Work to be completed – Line by line, please look for the word "counted" in the following records, then copy each line you find it in.

________________

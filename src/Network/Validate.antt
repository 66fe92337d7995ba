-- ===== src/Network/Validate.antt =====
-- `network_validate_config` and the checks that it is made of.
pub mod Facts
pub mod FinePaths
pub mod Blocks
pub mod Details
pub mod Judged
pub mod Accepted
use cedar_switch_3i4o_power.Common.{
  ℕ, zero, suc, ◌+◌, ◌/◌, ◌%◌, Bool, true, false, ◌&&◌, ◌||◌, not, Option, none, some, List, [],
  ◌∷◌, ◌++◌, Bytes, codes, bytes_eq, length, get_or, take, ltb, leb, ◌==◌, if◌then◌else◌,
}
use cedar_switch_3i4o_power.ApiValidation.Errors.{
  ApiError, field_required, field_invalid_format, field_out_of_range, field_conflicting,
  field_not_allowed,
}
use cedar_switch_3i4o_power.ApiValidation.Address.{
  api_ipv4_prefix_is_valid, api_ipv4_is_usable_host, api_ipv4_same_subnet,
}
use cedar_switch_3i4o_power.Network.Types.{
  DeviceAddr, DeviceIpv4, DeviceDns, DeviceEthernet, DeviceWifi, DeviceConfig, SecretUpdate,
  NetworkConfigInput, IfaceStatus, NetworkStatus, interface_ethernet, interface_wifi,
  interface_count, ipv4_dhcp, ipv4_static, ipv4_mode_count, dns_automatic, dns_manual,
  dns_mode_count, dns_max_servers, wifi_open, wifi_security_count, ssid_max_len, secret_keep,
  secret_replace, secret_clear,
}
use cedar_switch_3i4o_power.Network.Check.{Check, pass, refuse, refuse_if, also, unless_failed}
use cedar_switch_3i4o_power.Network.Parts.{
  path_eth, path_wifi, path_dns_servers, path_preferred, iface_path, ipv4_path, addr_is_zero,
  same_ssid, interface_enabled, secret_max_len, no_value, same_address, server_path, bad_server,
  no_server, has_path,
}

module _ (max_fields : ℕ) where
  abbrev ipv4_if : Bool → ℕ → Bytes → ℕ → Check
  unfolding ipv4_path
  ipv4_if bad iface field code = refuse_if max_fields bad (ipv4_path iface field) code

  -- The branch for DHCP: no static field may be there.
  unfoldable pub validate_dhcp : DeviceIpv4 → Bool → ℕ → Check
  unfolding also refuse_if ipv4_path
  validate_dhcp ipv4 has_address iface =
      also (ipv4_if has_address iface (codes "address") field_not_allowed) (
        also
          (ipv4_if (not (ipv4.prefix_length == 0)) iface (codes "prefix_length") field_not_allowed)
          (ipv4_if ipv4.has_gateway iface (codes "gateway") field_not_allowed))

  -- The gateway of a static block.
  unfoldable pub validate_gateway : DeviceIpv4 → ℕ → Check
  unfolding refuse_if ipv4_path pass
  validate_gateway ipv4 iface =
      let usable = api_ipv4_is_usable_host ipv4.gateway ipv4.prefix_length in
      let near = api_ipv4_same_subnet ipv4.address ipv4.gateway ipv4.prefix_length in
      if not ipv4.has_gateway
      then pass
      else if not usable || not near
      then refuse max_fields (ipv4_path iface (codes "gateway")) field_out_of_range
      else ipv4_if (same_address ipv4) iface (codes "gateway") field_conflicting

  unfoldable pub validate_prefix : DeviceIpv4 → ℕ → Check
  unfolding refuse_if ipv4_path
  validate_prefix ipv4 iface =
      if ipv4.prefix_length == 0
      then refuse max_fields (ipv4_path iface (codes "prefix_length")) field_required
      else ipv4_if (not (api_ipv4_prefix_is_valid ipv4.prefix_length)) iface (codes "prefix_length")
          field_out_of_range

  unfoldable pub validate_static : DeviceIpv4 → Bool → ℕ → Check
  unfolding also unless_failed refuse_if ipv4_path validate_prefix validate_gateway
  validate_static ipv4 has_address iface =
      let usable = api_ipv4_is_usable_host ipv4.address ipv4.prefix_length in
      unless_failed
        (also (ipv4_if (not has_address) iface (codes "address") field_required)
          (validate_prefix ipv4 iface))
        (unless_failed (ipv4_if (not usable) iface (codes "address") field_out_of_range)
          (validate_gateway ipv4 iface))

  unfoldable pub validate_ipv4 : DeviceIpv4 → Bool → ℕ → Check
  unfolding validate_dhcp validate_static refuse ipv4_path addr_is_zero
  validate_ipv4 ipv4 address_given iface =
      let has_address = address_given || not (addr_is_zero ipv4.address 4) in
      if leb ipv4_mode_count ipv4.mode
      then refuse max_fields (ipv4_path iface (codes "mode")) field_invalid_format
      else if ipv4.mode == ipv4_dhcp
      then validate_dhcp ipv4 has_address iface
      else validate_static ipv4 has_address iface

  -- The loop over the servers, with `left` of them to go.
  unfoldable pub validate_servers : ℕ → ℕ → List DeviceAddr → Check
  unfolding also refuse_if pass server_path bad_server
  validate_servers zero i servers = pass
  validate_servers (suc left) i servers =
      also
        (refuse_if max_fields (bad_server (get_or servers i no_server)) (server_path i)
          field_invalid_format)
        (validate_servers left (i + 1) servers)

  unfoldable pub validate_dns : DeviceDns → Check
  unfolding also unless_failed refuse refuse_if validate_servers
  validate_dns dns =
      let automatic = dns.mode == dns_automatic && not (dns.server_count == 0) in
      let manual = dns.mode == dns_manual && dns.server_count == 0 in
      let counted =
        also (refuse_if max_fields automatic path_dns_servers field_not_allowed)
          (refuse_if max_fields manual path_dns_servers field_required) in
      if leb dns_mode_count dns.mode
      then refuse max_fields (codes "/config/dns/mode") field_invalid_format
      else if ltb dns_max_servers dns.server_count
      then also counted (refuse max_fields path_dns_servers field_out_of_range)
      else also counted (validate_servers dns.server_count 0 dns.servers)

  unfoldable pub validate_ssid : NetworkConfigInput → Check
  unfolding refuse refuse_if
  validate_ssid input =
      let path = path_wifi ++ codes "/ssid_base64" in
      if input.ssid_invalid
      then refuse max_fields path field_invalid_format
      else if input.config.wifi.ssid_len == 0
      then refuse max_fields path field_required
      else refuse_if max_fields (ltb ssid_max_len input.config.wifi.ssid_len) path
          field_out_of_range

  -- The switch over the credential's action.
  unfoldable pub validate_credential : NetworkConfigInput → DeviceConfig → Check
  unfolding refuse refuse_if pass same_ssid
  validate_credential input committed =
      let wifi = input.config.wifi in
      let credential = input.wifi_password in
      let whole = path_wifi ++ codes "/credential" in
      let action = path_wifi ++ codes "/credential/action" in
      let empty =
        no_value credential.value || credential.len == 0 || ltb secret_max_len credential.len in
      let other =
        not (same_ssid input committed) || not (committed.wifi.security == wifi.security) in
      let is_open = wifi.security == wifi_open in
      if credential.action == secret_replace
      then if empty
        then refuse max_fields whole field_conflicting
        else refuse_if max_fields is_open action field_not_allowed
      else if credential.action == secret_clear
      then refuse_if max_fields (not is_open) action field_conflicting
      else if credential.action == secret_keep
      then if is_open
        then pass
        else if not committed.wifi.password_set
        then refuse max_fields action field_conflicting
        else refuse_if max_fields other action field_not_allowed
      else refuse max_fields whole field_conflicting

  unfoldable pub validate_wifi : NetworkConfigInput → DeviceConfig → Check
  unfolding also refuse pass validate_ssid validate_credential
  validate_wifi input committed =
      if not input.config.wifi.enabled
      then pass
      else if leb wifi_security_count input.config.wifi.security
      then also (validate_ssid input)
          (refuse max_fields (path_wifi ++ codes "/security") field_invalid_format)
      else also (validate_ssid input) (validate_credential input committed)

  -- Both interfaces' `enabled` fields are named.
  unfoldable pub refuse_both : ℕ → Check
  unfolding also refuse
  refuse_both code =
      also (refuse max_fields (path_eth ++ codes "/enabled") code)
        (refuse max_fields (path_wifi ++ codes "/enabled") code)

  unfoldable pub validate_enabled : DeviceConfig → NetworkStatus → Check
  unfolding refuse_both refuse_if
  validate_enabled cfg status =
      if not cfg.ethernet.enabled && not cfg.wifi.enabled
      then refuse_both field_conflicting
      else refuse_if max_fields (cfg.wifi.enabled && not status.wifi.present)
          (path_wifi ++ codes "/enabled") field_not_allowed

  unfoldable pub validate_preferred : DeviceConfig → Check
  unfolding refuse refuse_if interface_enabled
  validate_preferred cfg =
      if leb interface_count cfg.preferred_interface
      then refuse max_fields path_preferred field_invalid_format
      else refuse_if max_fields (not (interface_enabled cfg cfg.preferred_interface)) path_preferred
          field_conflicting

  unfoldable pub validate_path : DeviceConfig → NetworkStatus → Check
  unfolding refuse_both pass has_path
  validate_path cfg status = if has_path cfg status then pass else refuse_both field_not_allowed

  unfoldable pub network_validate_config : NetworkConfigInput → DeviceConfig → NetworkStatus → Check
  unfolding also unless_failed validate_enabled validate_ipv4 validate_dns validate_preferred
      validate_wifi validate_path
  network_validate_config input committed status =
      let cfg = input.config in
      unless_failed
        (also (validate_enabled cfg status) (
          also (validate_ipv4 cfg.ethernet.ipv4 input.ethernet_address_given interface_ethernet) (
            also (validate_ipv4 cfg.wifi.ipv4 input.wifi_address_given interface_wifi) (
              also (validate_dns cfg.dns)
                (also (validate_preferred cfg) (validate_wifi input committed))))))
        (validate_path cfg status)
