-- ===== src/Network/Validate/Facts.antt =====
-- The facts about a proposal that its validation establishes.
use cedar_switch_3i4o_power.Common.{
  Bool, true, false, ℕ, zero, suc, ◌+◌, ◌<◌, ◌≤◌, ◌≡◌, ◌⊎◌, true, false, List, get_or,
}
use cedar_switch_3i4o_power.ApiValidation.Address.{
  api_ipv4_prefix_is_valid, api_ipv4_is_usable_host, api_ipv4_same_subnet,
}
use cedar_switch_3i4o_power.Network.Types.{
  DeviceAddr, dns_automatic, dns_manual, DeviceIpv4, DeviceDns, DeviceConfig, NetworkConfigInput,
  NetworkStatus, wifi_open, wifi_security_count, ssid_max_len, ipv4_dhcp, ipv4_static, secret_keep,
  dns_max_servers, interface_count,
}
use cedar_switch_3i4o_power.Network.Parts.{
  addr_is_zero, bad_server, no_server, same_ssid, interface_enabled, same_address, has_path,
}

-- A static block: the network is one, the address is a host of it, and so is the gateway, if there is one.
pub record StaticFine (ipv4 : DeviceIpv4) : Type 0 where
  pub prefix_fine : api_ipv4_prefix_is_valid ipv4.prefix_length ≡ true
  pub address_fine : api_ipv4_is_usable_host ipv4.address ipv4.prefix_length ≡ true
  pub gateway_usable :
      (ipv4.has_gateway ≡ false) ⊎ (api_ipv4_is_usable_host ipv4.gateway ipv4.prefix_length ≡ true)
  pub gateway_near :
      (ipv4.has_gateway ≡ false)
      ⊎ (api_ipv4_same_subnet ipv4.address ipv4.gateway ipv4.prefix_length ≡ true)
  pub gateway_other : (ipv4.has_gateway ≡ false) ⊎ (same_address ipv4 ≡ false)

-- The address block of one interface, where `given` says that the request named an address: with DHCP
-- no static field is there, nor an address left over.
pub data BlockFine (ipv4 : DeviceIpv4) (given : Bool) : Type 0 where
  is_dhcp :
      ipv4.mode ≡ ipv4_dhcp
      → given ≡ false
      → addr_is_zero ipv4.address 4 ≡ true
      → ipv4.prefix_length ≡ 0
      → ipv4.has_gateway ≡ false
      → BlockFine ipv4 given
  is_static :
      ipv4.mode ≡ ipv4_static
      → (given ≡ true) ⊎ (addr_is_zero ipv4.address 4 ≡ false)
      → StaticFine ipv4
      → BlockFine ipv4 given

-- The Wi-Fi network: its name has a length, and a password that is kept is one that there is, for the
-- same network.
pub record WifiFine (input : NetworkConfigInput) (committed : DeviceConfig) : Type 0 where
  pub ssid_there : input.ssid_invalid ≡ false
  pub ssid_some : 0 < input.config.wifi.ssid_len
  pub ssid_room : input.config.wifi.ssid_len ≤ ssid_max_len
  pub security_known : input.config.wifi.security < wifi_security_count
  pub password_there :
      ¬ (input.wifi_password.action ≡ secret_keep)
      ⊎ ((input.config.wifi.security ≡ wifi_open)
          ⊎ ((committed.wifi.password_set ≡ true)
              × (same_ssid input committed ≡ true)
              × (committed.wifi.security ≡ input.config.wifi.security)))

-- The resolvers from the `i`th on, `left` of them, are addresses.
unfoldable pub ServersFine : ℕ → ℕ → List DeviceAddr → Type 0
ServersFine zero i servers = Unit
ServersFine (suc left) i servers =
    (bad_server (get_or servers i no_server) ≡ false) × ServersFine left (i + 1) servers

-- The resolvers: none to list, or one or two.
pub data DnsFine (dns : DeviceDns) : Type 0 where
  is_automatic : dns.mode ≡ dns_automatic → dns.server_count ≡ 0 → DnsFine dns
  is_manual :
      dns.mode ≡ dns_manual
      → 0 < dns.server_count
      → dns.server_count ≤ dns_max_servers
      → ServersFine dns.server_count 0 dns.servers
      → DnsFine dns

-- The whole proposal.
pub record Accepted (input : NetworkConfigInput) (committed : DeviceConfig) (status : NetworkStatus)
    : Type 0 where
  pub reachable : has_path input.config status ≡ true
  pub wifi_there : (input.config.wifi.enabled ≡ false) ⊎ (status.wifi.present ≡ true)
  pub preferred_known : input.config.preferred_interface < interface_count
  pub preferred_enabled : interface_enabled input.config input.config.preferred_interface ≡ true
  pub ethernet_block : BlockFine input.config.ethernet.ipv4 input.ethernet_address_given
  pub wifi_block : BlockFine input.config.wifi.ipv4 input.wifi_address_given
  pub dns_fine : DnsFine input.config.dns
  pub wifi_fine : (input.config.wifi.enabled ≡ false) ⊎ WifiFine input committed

________________

Written solution –
      let counted =
      then also counted (refuse max_fields path_dns_servers field_out_of_range)
      else also counted (validate_servers dns.server_count 0 dns.servers)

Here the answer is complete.